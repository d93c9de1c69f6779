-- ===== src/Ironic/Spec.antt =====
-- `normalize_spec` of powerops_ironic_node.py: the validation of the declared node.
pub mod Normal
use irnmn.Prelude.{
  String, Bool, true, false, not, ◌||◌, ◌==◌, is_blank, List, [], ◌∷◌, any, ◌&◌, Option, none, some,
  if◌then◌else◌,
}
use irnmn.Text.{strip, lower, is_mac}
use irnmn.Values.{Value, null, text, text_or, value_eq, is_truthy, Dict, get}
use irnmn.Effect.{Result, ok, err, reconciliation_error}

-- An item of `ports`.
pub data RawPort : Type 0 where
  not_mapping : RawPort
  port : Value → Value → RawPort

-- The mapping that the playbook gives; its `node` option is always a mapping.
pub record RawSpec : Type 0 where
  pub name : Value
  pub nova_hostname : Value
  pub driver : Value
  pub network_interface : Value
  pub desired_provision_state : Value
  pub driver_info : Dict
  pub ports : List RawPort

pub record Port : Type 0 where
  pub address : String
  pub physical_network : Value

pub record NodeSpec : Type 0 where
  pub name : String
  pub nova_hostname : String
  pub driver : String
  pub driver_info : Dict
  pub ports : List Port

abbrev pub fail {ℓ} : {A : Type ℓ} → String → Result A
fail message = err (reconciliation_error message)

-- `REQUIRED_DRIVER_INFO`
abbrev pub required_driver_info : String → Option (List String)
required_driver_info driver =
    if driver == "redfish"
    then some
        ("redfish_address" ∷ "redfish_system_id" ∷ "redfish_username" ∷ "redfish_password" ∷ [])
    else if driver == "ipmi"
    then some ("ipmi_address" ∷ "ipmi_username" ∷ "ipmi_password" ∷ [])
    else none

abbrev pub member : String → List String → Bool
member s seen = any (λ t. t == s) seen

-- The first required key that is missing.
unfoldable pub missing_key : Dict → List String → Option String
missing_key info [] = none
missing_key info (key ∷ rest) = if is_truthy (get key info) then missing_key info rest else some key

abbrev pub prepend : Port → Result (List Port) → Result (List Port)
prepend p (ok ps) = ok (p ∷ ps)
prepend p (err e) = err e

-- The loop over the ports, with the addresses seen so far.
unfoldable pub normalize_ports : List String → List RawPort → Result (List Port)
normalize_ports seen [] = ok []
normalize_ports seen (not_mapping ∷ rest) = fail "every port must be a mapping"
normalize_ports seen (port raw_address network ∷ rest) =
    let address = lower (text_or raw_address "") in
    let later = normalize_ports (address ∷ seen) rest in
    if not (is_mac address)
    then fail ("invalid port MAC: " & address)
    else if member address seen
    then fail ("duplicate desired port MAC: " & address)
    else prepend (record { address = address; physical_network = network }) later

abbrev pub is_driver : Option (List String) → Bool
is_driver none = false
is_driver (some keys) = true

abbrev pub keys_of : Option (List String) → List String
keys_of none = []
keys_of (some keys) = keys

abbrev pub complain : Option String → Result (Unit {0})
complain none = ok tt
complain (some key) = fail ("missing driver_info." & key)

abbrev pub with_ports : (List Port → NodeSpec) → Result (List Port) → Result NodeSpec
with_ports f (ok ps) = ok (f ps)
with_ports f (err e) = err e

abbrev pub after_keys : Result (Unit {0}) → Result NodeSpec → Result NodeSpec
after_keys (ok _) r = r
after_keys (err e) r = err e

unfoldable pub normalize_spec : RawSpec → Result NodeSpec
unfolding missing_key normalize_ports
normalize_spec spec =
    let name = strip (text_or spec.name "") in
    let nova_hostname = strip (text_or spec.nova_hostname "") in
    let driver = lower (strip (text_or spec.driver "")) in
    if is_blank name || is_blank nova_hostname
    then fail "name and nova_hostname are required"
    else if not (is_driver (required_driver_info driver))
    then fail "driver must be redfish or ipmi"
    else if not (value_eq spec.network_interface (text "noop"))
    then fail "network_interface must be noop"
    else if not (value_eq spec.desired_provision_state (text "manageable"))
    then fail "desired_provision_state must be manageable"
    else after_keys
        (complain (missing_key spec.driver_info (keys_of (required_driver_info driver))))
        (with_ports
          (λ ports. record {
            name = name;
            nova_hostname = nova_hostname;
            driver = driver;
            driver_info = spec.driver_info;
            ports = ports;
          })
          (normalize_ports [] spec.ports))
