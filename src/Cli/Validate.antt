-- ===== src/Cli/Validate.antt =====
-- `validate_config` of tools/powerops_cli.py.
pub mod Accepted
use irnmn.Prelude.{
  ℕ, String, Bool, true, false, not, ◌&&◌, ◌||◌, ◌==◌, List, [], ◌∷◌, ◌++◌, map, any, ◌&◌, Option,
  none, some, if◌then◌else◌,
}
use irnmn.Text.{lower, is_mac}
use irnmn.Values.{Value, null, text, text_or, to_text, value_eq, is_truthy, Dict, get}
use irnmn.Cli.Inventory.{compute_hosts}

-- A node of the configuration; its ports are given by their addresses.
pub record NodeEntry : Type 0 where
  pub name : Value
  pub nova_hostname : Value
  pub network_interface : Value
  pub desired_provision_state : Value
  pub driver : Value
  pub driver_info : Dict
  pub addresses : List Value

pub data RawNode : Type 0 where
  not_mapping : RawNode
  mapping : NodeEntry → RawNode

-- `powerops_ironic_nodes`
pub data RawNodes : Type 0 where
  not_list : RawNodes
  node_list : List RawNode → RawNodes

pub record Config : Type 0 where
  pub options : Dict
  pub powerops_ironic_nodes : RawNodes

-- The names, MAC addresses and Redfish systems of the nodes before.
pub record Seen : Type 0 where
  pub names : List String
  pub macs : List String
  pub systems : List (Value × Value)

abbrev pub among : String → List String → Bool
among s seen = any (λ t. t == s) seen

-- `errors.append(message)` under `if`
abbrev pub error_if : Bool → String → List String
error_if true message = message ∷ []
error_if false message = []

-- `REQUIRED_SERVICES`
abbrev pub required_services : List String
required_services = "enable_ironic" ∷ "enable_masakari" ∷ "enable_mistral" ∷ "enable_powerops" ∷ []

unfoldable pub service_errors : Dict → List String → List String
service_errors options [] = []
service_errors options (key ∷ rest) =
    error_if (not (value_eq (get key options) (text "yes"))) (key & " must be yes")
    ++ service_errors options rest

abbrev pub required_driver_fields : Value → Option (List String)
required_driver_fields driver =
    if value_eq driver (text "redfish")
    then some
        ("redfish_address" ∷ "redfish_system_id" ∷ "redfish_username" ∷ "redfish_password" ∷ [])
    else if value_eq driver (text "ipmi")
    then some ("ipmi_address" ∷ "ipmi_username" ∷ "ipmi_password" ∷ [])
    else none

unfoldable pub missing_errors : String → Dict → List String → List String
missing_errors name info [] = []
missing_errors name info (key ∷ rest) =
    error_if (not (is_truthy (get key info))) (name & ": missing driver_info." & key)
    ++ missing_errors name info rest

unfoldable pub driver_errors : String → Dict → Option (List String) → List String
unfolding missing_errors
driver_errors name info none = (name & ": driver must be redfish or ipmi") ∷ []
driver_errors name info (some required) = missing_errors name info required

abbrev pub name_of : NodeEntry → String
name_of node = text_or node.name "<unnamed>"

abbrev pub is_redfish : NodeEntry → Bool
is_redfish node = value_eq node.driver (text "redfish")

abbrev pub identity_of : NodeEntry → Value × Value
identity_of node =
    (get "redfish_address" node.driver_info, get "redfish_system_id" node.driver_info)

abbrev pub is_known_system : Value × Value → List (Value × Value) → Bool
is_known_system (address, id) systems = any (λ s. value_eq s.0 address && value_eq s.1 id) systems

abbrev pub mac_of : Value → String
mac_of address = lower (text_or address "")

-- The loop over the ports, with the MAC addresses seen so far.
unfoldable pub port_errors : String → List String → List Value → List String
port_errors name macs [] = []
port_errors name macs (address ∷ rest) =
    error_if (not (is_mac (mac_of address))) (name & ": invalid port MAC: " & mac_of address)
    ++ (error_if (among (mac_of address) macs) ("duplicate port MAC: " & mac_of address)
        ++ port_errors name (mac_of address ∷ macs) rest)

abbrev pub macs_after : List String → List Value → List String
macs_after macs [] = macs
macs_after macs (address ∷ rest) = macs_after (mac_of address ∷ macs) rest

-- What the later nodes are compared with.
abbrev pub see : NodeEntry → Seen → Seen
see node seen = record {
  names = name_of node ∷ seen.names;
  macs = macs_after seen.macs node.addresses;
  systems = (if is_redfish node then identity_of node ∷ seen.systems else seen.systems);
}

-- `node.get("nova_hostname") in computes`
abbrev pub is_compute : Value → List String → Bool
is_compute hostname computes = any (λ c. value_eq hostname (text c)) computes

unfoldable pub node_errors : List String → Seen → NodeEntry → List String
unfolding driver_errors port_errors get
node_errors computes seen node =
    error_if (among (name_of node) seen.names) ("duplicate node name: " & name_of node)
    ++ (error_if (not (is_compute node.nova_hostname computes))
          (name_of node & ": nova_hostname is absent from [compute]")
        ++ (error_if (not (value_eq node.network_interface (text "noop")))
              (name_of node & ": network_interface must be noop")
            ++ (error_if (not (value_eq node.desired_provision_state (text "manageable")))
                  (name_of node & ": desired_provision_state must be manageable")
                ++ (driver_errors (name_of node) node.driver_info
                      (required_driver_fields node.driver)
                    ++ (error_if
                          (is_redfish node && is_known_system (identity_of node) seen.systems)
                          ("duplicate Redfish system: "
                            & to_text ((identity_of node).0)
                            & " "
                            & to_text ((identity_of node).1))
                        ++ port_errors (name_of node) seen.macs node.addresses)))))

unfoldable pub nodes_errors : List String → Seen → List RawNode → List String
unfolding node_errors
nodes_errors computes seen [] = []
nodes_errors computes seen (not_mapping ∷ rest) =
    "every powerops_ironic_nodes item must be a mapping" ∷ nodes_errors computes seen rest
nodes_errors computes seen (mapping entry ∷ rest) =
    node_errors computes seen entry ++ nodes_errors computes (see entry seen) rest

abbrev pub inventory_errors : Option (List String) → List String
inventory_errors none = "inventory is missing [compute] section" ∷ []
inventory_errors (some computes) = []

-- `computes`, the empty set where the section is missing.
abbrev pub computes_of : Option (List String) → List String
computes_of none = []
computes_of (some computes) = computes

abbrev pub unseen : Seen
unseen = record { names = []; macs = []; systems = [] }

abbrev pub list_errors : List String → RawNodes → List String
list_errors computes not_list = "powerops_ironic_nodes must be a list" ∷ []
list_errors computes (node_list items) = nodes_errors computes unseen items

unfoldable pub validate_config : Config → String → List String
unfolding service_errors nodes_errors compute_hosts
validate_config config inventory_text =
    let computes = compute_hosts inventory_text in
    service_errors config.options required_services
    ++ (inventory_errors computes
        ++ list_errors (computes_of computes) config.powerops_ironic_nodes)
...
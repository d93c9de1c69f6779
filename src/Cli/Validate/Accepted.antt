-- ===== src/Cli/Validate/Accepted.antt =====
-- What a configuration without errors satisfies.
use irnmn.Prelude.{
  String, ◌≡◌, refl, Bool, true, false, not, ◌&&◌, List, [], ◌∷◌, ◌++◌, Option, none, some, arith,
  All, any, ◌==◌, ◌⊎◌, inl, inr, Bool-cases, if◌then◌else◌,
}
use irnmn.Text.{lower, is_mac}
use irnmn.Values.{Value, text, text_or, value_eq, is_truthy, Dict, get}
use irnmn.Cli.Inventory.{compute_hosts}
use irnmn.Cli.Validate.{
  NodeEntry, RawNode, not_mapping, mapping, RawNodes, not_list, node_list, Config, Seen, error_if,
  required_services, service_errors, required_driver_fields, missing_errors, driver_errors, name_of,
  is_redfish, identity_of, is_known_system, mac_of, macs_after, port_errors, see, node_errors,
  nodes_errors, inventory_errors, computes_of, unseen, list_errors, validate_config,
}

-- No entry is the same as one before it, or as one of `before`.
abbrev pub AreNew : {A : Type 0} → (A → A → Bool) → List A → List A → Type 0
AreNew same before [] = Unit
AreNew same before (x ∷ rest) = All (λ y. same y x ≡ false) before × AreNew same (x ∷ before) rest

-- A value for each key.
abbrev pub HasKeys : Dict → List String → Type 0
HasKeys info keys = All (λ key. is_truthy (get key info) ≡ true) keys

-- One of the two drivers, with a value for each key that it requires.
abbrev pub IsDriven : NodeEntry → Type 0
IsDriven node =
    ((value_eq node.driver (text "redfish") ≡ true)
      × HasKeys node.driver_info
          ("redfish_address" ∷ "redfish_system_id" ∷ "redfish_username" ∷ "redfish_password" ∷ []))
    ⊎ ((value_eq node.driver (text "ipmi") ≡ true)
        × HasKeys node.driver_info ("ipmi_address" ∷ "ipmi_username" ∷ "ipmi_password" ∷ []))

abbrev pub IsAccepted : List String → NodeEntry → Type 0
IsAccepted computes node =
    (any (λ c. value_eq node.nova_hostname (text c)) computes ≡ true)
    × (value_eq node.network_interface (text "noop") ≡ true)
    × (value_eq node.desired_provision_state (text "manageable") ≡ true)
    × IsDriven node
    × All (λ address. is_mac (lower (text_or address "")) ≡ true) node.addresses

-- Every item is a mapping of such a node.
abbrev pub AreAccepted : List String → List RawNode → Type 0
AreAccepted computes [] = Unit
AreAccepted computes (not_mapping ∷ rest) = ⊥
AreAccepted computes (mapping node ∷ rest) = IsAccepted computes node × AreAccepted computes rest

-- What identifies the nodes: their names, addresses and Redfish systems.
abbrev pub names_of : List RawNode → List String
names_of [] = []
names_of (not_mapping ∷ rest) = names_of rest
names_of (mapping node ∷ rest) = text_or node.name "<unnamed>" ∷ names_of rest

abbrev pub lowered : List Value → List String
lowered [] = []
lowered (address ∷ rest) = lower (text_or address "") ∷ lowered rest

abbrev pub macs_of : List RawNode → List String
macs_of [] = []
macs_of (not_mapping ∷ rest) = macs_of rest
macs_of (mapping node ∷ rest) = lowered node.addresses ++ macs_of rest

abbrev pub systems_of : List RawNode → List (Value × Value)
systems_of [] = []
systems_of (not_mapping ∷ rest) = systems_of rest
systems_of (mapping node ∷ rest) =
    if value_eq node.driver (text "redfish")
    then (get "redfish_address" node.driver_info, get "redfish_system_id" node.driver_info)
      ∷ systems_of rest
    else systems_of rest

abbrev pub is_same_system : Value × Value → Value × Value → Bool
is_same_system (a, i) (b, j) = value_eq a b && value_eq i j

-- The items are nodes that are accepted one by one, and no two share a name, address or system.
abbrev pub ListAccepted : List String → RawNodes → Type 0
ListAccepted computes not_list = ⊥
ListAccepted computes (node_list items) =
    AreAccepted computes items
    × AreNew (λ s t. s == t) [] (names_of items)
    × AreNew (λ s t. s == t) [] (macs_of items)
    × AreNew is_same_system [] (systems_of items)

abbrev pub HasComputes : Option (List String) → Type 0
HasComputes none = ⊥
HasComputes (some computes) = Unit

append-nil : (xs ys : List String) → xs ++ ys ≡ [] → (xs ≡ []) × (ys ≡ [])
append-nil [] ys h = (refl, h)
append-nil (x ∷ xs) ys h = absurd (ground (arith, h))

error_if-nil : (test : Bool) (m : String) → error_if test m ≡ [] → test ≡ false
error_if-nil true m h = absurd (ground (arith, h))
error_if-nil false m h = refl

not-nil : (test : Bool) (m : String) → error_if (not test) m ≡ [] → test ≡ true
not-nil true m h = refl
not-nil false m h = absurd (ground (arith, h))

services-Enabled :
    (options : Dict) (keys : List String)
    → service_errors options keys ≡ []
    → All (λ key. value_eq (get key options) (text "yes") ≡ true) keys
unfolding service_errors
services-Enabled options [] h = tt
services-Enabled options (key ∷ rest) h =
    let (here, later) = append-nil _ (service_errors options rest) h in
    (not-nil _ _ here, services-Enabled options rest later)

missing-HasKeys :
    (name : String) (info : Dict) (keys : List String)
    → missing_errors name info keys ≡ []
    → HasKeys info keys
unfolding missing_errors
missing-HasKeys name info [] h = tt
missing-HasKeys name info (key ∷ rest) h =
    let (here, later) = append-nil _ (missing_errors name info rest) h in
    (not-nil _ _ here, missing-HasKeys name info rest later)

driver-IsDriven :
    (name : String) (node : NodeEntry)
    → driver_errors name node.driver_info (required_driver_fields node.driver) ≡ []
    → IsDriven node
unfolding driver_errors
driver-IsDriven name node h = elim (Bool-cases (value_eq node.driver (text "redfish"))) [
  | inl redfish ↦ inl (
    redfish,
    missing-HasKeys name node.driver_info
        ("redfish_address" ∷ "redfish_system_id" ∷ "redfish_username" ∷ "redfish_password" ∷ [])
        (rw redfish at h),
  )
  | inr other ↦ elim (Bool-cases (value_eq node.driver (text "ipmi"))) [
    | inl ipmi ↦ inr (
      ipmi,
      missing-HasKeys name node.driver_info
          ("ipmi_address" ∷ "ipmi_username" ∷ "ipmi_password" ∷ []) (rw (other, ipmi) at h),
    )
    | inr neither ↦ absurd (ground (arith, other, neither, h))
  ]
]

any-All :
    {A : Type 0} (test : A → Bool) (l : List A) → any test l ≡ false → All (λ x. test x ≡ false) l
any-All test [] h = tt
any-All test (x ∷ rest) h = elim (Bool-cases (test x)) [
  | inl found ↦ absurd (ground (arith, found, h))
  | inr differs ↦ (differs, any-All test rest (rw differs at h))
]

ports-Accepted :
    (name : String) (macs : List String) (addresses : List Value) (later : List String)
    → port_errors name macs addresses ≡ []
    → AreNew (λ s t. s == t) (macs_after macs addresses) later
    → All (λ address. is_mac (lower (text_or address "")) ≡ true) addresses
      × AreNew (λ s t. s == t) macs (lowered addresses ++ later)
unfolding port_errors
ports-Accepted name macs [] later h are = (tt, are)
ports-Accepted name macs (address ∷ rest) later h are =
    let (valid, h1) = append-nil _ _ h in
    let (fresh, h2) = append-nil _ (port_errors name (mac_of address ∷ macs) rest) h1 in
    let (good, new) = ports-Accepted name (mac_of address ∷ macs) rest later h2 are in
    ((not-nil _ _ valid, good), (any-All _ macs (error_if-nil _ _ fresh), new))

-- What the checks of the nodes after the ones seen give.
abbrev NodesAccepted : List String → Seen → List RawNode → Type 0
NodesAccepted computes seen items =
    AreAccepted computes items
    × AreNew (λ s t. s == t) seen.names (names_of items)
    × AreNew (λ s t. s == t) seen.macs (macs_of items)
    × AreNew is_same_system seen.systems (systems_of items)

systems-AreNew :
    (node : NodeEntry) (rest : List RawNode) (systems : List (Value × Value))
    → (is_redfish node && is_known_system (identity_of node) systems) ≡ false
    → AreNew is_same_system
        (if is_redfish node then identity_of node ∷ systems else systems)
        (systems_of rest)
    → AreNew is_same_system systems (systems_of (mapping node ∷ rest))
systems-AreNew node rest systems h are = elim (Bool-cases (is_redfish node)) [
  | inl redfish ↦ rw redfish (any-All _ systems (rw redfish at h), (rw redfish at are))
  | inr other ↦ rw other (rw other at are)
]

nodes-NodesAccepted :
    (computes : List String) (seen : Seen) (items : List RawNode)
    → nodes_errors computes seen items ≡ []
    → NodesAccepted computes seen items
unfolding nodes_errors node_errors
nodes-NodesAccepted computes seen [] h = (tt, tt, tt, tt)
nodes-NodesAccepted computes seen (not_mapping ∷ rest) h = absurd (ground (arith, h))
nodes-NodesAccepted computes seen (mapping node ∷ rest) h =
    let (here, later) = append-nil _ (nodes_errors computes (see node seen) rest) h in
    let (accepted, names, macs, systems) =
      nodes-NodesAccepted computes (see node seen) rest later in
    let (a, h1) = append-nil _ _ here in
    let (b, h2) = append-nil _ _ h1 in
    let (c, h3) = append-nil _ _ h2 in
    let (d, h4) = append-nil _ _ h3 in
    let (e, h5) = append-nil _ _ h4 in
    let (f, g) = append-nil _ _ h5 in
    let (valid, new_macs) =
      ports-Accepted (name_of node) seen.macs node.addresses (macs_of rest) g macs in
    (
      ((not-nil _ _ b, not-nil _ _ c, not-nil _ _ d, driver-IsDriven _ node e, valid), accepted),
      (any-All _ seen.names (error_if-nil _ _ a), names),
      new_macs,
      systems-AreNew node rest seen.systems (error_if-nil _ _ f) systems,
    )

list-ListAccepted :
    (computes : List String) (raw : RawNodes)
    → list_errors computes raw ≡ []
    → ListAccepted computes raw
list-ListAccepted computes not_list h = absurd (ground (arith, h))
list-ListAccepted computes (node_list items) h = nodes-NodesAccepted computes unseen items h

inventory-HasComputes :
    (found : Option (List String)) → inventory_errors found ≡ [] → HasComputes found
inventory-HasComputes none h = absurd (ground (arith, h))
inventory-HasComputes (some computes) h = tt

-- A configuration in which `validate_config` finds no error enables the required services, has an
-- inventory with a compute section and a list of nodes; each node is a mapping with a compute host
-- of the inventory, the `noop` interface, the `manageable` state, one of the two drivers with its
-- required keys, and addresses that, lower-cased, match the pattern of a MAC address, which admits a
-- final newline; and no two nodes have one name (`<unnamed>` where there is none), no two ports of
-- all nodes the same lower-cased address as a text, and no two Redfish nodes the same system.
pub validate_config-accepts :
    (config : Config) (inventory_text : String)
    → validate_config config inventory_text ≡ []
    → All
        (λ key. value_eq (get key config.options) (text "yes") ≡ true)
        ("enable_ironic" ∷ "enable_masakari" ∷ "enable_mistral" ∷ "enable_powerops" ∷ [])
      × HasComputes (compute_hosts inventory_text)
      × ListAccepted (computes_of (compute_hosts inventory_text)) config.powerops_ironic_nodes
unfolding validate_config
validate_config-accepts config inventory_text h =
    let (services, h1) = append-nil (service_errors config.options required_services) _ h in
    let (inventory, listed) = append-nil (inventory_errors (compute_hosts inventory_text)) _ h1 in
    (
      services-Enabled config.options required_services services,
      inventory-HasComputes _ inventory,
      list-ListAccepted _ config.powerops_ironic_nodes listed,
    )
---
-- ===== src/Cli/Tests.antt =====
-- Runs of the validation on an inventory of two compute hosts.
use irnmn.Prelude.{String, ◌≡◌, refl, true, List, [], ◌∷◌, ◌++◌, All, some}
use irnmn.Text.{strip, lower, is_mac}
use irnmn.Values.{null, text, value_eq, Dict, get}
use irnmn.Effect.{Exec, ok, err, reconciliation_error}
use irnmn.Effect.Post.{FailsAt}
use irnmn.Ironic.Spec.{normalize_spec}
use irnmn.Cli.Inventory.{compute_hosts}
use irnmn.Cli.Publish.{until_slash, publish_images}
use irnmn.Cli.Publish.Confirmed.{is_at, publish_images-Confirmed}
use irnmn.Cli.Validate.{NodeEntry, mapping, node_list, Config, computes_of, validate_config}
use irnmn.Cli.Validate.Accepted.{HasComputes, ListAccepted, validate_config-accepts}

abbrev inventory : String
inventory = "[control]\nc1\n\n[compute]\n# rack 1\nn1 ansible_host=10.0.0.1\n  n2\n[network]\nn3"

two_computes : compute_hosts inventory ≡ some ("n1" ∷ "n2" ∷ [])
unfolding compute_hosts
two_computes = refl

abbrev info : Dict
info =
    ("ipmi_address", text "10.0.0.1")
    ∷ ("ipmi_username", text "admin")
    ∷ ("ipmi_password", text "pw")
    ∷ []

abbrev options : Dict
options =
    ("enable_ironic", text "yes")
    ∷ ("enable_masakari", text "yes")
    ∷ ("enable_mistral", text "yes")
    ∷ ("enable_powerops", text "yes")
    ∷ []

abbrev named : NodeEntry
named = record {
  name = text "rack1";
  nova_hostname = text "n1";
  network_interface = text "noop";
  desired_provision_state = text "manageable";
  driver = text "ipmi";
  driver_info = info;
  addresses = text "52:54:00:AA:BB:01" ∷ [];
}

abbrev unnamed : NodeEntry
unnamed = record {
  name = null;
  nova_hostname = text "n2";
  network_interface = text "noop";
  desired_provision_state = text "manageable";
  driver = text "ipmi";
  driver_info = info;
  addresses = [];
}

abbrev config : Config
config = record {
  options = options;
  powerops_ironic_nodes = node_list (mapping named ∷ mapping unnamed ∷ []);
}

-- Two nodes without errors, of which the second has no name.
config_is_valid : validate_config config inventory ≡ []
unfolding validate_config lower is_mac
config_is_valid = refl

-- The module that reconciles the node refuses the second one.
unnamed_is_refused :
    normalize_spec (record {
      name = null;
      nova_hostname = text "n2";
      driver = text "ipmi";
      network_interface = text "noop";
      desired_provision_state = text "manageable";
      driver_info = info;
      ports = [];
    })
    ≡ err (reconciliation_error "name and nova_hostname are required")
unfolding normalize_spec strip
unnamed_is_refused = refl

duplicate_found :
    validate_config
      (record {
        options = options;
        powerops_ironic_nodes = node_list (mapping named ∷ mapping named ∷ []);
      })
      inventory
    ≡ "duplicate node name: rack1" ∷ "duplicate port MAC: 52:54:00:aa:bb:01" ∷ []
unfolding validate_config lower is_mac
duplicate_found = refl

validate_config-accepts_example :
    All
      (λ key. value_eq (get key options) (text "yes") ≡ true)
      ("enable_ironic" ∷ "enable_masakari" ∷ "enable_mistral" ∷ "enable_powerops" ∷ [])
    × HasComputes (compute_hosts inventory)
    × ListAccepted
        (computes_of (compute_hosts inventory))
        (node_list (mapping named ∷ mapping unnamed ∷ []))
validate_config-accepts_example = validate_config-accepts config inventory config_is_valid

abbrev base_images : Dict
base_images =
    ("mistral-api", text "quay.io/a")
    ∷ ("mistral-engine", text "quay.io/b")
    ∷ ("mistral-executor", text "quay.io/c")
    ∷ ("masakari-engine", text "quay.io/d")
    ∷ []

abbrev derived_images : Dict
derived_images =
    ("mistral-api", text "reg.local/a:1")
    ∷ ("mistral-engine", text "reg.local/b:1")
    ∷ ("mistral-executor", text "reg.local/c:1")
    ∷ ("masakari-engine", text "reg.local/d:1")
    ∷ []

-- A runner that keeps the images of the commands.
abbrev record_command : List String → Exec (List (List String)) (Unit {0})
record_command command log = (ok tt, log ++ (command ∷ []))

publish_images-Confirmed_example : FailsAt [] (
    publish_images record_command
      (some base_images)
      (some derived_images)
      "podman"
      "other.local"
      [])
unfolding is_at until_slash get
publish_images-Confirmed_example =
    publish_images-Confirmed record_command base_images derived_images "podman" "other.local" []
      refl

# AIM OF THE EXERCISE:
Your answer must consist solely of the lines above between the line holding "is_same_system (a, i)" and the line holding "info keys ≡ []", inclusive, copied exactly.

# EXPECTED OUTPUT:
is_same_system (a, i) (b, j) = value_eq a b && value_eq i j

-- The items are nodes that are accepted one by one, and no two share a name, address or system.
abbrev pub ListAccepted : List String → RawNodes → Type 0
ListAccepted computes not_list = ⊥
ListAccepted computes (node_list items) =
    AreAccepted computes items
    × AreNew (λ s t. s == t) [] (names_of items)
    × AreNew (λ s t. s == t) [] (macs_of items)
    × AreNew is_same_system [] (systems_of items)

abbrev pub HasComputes : Option (List String) → Type 0
HasComputes none = ⊥
HasComputes (some computes) = Unit

append-nil : (xs ys : List String) → xs ++ ys ≡ [] → (xs ≡ []) × (ys ≡ [])
append-nil [] ys h = (refl, h)
append-nil (x ∷ xs) ys h = absurd (ground (arith, h))

error_if-nil : (test : Bool) (m : String) → error_if test m ≡ [] → test ≡ false
error_if-nil true m h = absurd (ground (arith, h))
error_if-nil false m h = refl

not-nil : (test : Bool) (m : String) → error_if (not test) m ≡ [] → test ≡ true
not-nil true m h = refl
not-nil false m h = absurd (ground (arith, h))

services-Enabled :
    (options : Dict) (keys : List String)
    → service_errors options keys ≡ []
    → All (λ key. value_eq (get key options) (text "yes") ≡ true) keys
unfolding service_errors
services-Enabled options [] h = tt
services-Enabled options (key ∷ rest) h =
    let (here, later) = append-nil _ (service_errors options rest) h in
    (not-nil _ _ here, services-Enabled options rest later)

missing-HasKeys :
    (name : String) (info : Dict) (keys : List String)
    → missing_errors name info keys ≡ []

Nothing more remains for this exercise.